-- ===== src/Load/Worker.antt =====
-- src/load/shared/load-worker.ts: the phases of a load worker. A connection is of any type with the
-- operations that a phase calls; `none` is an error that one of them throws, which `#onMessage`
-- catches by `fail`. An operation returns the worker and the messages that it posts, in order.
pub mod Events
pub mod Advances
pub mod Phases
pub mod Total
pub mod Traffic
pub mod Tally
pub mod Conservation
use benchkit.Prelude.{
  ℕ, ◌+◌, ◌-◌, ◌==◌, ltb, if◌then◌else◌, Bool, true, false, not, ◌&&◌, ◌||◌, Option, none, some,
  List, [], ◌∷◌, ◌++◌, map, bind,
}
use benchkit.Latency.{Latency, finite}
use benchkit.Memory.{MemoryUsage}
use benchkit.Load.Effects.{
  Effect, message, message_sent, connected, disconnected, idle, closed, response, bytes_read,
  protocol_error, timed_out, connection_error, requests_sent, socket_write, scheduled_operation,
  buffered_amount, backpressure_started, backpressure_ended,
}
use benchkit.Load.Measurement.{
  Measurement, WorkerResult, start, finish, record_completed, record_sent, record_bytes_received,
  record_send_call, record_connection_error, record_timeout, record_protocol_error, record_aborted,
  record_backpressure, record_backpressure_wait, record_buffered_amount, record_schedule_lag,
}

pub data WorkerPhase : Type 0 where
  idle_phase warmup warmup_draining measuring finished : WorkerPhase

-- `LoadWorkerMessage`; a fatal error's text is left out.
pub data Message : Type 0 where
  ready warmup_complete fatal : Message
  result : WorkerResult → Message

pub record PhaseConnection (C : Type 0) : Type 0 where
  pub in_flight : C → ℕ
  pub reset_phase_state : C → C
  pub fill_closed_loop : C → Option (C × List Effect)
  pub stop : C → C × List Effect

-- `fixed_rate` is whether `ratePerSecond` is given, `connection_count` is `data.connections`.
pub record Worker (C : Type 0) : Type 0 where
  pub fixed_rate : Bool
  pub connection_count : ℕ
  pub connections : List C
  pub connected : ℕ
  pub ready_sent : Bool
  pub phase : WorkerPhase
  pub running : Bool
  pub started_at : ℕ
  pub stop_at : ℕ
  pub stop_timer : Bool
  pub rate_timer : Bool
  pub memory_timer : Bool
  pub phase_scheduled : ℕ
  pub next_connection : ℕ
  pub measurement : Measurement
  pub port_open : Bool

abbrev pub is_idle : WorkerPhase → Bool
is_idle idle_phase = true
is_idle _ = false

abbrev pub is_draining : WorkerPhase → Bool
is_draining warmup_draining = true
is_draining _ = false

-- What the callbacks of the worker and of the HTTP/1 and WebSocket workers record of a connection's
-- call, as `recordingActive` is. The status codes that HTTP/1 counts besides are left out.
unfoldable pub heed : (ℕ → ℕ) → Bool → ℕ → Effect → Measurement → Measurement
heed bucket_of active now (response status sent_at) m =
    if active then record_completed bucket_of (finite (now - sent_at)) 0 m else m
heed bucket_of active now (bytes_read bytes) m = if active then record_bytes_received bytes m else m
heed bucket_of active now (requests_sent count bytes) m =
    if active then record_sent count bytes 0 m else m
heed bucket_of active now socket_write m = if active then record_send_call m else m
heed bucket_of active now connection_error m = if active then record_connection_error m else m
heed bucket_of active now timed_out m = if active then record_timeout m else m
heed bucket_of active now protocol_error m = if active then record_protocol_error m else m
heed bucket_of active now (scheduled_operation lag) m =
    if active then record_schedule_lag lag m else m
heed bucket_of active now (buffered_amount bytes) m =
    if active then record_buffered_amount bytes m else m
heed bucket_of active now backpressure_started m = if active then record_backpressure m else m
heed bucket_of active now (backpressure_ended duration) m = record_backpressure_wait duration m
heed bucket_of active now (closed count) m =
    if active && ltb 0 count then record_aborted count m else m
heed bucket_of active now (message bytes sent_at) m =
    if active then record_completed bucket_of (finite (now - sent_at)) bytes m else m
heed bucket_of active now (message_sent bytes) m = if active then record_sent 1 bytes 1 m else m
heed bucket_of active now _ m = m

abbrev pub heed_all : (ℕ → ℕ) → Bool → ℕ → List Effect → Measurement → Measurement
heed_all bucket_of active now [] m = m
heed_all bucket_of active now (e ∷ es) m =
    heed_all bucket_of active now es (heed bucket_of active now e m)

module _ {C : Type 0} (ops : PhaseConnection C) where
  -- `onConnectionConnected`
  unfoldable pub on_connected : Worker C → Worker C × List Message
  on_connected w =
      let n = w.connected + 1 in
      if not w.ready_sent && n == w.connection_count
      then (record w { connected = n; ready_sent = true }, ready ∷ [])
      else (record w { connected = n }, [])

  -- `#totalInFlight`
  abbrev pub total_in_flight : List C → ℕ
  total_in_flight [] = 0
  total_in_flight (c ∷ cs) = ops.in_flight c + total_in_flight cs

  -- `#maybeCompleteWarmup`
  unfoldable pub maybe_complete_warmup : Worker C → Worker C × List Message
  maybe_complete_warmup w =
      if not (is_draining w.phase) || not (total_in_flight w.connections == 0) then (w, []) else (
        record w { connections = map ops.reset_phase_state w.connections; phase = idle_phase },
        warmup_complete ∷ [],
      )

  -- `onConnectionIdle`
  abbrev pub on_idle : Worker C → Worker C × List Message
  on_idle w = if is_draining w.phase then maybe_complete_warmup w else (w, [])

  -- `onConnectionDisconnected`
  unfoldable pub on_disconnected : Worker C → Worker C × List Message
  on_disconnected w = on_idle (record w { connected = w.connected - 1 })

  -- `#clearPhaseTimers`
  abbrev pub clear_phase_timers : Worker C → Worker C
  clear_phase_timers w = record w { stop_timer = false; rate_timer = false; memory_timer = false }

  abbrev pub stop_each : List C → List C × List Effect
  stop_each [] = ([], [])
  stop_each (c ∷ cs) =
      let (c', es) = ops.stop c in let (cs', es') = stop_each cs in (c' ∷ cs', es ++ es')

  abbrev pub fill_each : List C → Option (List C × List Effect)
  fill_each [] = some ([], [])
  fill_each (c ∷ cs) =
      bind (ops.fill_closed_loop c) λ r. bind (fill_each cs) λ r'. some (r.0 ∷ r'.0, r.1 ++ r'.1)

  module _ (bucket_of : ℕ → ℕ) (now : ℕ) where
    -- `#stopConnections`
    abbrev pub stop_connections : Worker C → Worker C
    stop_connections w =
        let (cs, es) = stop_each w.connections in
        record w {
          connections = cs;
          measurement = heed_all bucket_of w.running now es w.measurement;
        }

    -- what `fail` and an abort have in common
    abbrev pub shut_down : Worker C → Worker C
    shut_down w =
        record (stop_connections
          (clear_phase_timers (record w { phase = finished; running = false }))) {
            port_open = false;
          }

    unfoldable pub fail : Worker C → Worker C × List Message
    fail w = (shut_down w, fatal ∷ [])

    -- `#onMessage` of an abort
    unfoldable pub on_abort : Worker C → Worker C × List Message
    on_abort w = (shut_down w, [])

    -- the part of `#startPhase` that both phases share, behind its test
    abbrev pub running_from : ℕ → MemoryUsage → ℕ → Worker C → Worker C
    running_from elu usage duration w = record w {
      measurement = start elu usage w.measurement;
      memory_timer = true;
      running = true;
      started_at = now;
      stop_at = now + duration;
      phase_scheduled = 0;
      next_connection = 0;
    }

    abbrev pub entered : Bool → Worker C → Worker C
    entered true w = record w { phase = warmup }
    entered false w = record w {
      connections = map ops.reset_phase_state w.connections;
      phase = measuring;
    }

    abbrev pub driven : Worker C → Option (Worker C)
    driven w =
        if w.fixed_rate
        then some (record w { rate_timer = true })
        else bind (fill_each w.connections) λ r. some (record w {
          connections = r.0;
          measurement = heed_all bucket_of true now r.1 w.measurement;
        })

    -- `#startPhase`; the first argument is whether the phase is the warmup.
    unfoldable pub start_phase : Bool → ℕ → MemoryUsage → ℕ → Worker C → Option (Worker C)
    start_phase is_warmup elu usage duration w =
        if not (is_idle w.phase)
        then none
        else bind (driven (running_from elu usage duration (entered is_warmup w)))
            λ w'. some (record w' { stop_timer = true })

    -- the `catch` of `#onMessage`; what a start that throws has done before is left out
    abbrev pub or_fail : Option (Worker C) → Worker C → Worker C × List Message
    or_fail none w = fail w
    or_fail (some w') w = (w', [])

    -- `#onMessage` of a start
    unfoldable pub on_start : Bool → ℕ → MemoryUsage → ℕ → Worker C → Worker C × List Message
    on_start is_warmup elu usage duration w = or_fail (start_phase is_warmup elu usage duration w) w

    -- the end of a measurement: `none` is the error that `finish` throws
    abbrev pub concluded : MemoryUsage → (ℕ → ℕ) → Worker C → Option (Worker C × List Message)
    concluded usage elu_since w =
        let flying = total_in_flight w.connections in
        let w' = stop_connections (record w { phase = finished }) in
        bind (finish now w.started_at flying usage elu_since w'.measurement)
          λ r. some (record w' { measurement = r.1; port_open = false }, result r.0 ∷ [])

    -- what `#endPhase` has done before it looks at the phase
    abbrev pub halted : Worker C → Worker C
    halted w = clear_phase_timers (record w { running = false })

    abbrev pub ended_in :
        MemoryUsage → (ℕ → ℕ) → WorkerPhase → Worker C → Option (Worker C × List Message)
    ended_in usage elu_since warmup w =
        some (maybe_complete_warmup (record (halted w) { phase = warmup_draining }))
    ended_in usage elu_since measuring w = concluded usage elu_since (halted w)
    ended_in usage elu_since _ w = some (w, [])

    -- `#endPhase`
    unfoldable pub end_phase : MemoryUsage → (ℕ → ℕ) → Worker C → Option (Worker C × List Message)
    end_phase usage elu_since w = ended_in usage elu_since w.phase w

• What the task requires
An exact copy of the lines above, from the one containing "heed bucket_of active now (message bytes" down to the one containing "heed bucket_of active now _ m = m" and including both, is the whole answer; retype it and nothing else.

• Result of this exercise
heed bucket_of active now (message bytes sent_at) m =
    if active then record_completed bucket_of (finite (now - sent_at)) bytes m else m
heed bucket_of active now (message_sent bytes) m = if active then record_sent 1 bytes 1 m else m
heed bucket_of active now _ m = m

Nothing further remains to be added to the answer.